## Supplied data
——
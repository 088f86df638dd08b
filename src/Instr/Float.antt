-- ===== src/Instr/Float.antt =====
-- The floating-point instructions: OP_FP_FMADD to OP_FP_FNMADD and OP_FP_NORMAL. The software
-- floats are another project's library: `softfp` gives, for a call and the flags before it, the
-- value returned and the flags after it.
use space_emu.Base.{ℕ, ◌-◌, ◌^◌, bit_and, bit_or, bit_xor, Bool, true, false, ◌==◌, ◌!=◌, leb}
use space_emu.Base.{if◌then◌else◌}
use space_emu.Base.{switch, [], ◌∷◌, Option, none, some}
use space_emu.Base.Word.{u32, lnot, ◌>>>◌}
use space_emu.Alu.Helpers.{sext32}
use space_emu.Cpu.{CpuState}
use space_emu.Instr.{write_reg}
use space_emu.Instr.Fields.{rd, rs1, rs2, funct7}
use space_emu.Instr.LoadStore.{f32_high, set_float}

-- The functions of the library, on numbers of 64 bits if the Boolean is true and of 32 bits if it
-- is false. Of the arguments that are numbers, one named `rm` is the rounding mode and the last.
pub data Call : Type 0 where
  fma_sf : Bool → ℕ → ℕ → ℕ → ℕ → Call
  add_sf : Bool → ℕ → ℕ → ℕ → Call
  sub_sf : Bool → ℕ → ℕ → ℕ → Call
  mul_sf : Bool → ℕ → ℕ → ℕ → Call
  div_sf : Bool → ℕ → ℕ → ℕ → Call
  sqrt_sf : Bool → ℕ → ℕ → Call
  min_sf : Bool → ℕ → ℕ → Call
  max_sf : Bool → ℕ → ℕ → Call
  le_sf : Bool → ℕ → ℕ → Call
  lt_sf : Bool → ℕ → ℕ → Call
  eq_quiet_sf : Bool → ℕ → ℕ → Call
  fclass_sf : Bool → ℕ → Call
  cvt_sf64_sf32 : ℕ → ℕ → Call
  cvt_sf32_sf64 : ℕ → Call
  cvt_sf_i32 : Bool → ℕ → ℕ → Call
  cvt_sf_u32 : Bool → ℕ → ℕ → Call
  cvt_sf_i64 : Bool → ℕ → ℕ → Call
  cvt_sf_u64 : Bool → ℕ → ℕ → Call
  cvt_i32_sf : Bool → ℕ → ℕ → Call
  cvt_u32_sf : Bool → ℕ → ℕ → Call
  cvt_i64_sf : Bool → ℕ → ℕ → Call
  cvt_u64_sf : Bool → ℕ → ℕ → Call

-- `none` is -1; `rm` is the field of three bits.
unfoldable pub get_inst_rm : CpuState → ℕ → Option ℕ
get_inst_rm s rm = if rm == 7 then some s.frm else if leb 5 rm then none else some rm

-- FSIGN_MASK32, an int that the operations on registers extend by its sign, and FSIGN_MASK64.
abbrev pub fsign_mask : Bool → ℕ
fsign_mask wide = if wide then 2 ^ 63 else 2 ^ 64 - 2 ^ 31

-- `| F64_HIGH` or `| F32_HIGH`
abbrev pub box : Bool → ℕ → ℕ
box wide value = if wide then value else bit_or value f32_high

-- fsgnj, fsgnjn and fsgnjx
unfoldable pub inject_sign : Bool → ℕ → ℕ → ℕ → Option ℕ
inject_sign wide rm a b =
    let mask = fsign_mask wide in
    switch rm
      ((0, some (bit_or (bit_and a (lnot 64 mask)) (bit_and b mask)))
        ∷ (1, some (bit_or (bit_and a (lnot 64 mask)) (bit_xor (bit_and b mask) mask)))
        ∷ (2, some (bit_xor a (bit_and b mask)))
        ∷ [])
      none

module _ (softfp : Call → ℕ → ℕ × ℕ) (s : CpuState) (inst : ℕ) where
  -- A float register as an argument of the library.
  abbrev pub arg : Bool → ℕ → ℕ
  arg wide r = if wide then s.fp_reg r else u32 (s.fp_reg r)

  -- A call whose value goes to a float register; not every such instruction turns the unit on.
  unfoldable pub to_float : Bool → Bool → Call → CpuState
  to_float turns_on wide call =
      let (value, flags) = softfp call s.fflags in
      let stored = set_float s (rd inst) (box wide value) in
      record stored { fflags = flags; fs = if turns_on then stored.fs else s.fs }

  -- A call whose value goes to an integer register.
  unfoldable pub to_int : (ℕ → ℕ) → Call → CpuState
  to_int convert call =
      let (value, flags) = softfp call s.fflags in
      write_reg (record s { fflags = flags }) (rd inst) (convert value)

  abbrev pub negated : Bool → Bool → ℕ → ℕ
  negated wide flipped a = if flipped then bit_xor a (if wide then 2 ^ 63 else 2 ^ 31) else a

  -- The four fused cases negate the first operand, the third, or both.
  unfoldable pub op_fp_fused : Bool → Bool → Option CpuState
  unfolding to_float get_inst_rm
  op_fp_fused negate_product negate_addend =
      let fused : ℕ → Bool → CpuState = λ rm wide. to_float true wide (
        fma_sf wide (negated wide negate_product (arg wide (rs1 inst))) (arg wide (rs2 inst))
          (negated wide negate_addend (arg wide (inst >>> 27))) rm) in
      if s.fs == 0 then none else elim (get_inst_rm s (bit_and (inst >>> 12) 7)) [
        | none ↦ none
        | some rm ↦
            switch (bit_and (inst >>> 25) 3)
              ((0, some (fused rm false)) ∷ (1, some (fused rm true)) ∷ []) none
      ]

  abbrev some_if : Bool → CpuState → Option CpuState
  some_if b t = if b then some t else none

  -- The cases of funct7 for the numbers of one width.
  unfoldable pub fp_sign : Bool → ℕ → Option CpuState
  unfolding inject_sign
  fp_sign wide rm = elim (inject_sign wide rm (s.fp_reg (rs1 inst)) (s.fp_reg (rs2 inst))) [
    | none ↦ none
    | some value ↦ some (set_float s (rd inst) value)
  ]

  unfoldable pub fp_min_max : Bool → ℕ → Option CpuState
  unfolding to_float
  fp_min_max wide rm =
      let a = arg wide (rs1 inst) in
      let b = arg wide (rs2 inst) in
      switch rm
        ((0, some (to_float true wide (min_sf wide a b)))
          ∷ (1, some (to_float true wide (max_sf wide a b)))
          ∷ [])
        none

  unfoldable pub fp_compare : Bool → ℕ → Option CpuState
  unfolding to_int
  fp_compare wide rm =
      let a = arg wide (rs1 inst) in
      let b = arg wide (rs2 inst) in
      switch rm
        ((0, some (to_int (λ v. v) (le_sf wide a b)))
          ∷ (1, some (to_int (λ v. v) (lt_sf wide a b)))
          ∷ (2, some (to_int (λ v. v) (eq_quiet_sf wide a b)))
          ∷ [])
        none

  unfoldable pub fp_to_integer : Bool → ℕ → Option CpuState
  unfolding to_int
  fp_to_integer wide rm =
      let a = arg wide (rs1 inst) in
      switch (rs2 inst)
        ((0, some (to_int sext32 (cvt_sf_i32 wide a rm)))
          ∷ (1, some (to_int sext32 (cvt_sf_u32 wide a rm)))
          ∷ (2, some (to_int (λ v. v) (cvt_sf_i64 wide a rm)))
          ∷ (3, some (to_int (λ v. v) (cvt_sf_u64 wide a rm)))
          ∷ [])
        none

  unfoldable pub fp_from_integer : Bool → ℕ → Option CpuState
  unfolding to_float
  fp_from_integer wide rm =
      let a = s.regs (rs1 inst) in
      switch (rs2 inst)
        ((0, some (to_float true wide (cvt_i32_sf wide (u32 a) rm)))
          ∷ (1, some (to_float true wide (cvt_u32_sf wide (u32 a) rm)))
          ∷ (2, some (to_float true wide (cvt_i64_sf wide a rm)))
          ∷ (3, some (to_float true wide (cvt_u64_sf wide a rm)))
          ∷ [])
        none

  -- fmv.x and fclass; the class leaves the flags alone.
  unfoldable pub fp_inspect : Bool → ℕ → Option CpuState
  fp_inspect wide rm =
      let a = s.fp_reg (rs1 inst) in
      let class = (softfp (fclass_sf wide (arg wide (rs1 inst))) s.fflags).0 in
      let moved = if wide then a else sext32 a in
      if rs2 inst != 0
      then none
      else switch rm
          ((0, some (write_reg s (rd inst) moved)) ∷ (1, some (write_reg s (rd inst) class)) ∷ [])
          none

  -- fmv.w.x and fmv.d.x, by the field of the instruction itself
  unfoldable pub fp_move : Bool → Option CpuState
  fp_move wide =
      let a = s.regs (rs1 inst) in
      let moved = set_float s (rd inst) (if wide then a else sext32 a) in
      if rs2 inst != 0 then none else if bit_and (inst >>> 12) 7 != 0 then none else some moved

  unfoldable pub fp_sqrt : Bool → ℕ → Option CpuState
  unfolding to_float
  fp_sqrt wide rm =
      some_if (rs2 inst == 0) (to_float true wide (sqrt_sf wide (arg wide (rs1 inst)) rm))

  -- The cases of funct7, with the rounding mode.
  unfoldable pub fp_normal_cases : ℕ → Option CpuState
  unfolding fp_sign fp_min_max fp_compare fp_to_integer fp_from_integer fp_inspect fp_move fp_sqrt
  fp_normal_cases rm =
      let a : Bool → ℕ = λ wide. arg wide (rs1 inst) in
      let b : Bool → ℕ = λ wide. arg wide (rs2 inst) in
      let float : Bool → Call → Option CpuState = λ wide call. some (to_float true wide call) in
      switch (funct7 inst)
        ((0x00, float false (add_sf false (a false) (b false) rm))
          ∷ (0x01, float true (add_sf true (a true) (b true) rm))
          ∷ (0x04, float false (sub_sf false (a false) (b false) rm))
          ∷ (0x05, float true (sub_sf true (a true) (b true) rm))
          ∷ (0x08, float false (mul_sf false (a false) (b false) rm))
          ∷ (0x09, float true (mul_sf true (a true) (b true) rm))
          ∷ (0x0c, float false (div_sf false (a false) (b false) rm))
          ∷ (0x0d, float true (div_sf true (a true) (b true) rm))
          ∷ (0x2c, fp_sqrt false rm)
          ∷ (0x2d, fp_sqrt true rm)
          ∷ (0x10, fp_sign false rm)
          ∷ (0x11, fp_sign true rm)
          ∷ (0x14, fp_min_max false rm)
          ∷ (0x15, fp_min_max true rm)
          ∷ (0x20, some_if (rs2 inst == 1) (to_float false false (cvt_sf64_sf32 (a true) rm)))
          ∷ (0x21, some_if (rs2 inst == 0) (to_float false true (cvt_sf32_sf64 (a false))))
          ∷ (0x60, fp_to_integer false rm)
          ∷ (0x61, fp_to_integer true rm)
          ∷ (0x70, fp_inspect false rm)
          ∷ (0x71, fp_inspect true rm)
          ∷ (0x50, fp_compare false rm)
          ∷ (0x51, fp_compare true rm)
          ∷ (0x68, fp_from_integer false rm)
          ∷ (0x69, fp_from_integer true rm)
          ∷ (0x78, fp_move false)
          ∷ (0x79, fp_move true)
          ∷ [])
        none

  -- Without a rounding mode (-1) every case ends at ERROR_PROCESS: by its test, by the default of
  -- its `switch`, or, in fmv, by the test of the field, which is then 5 or 6.
  unfoldable pub op_fp_normal : Option CpuState
  unfolding get_inst_rm
  op_fp_normal = if s.fs == 0 then none else elim (get_inst_rm s (bit_and (inst >>> 12) 7)) [
    | none ↦ none
    | some rm ↦ fp_normal_cases rm
  ]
——
Given the records above, restate word for word only the lines starting at the one with "abbrev pub fsign_mask : Bool → ℕ" and ending at the one with "let stored = set_float".

## Problem solution
abbrev pub fsign_mask : Bool → ℕ
fsign_mask wide = if wide then 2 ^ 63 else 2 ^ 64 - 2 ^ 31

-- `| F64_HIGH` or `| F32_HIGH`
abbrev pub box : Bool → ℕ → ℕ
box wide value = if wide then value else bit_or value f32_high

-- fsgnj, fsgnjn and fsgnjx
unfoldable pub inject_sign : Bool → ℕ → ℕ → ℕ → Option ℕ
inject_sign wide rm a b =
    let mask = fsign_mask wide in
    switch rm
      ((0, some (bit_or (bit_and a (lnot 64 mask)) (bit_and b mask)))
        ∷ (1, some (bit_or (bit_and a (lnot 64 mask)) (bit_xor (bit_and b mask) mask)))
        ∷ (2, some (bit_xor a (bit_and b mask)))
        ∷ [])
      none

module _ (softfp : Call → ℕ → ℕ × ℕ) (s : CpuState) (inst : ℕ) where
  -- A float register as an argument of the library.
  abbrev pub arg : Bool → ℕ → ℕ
  arg wide r = if wide then s.fp_reg r else u32 (s.fp_reg r)

  -- A call whose value goes to a float register; not every such instruction turns the unit on.
  unfoldable pub to_float : Bool → Bool → Call → CpuState
  to_float turns_on wide call =
      let (value, flags) = softfp call s.fflags in
      let stored = set_float s (rd inst) (box wide value) in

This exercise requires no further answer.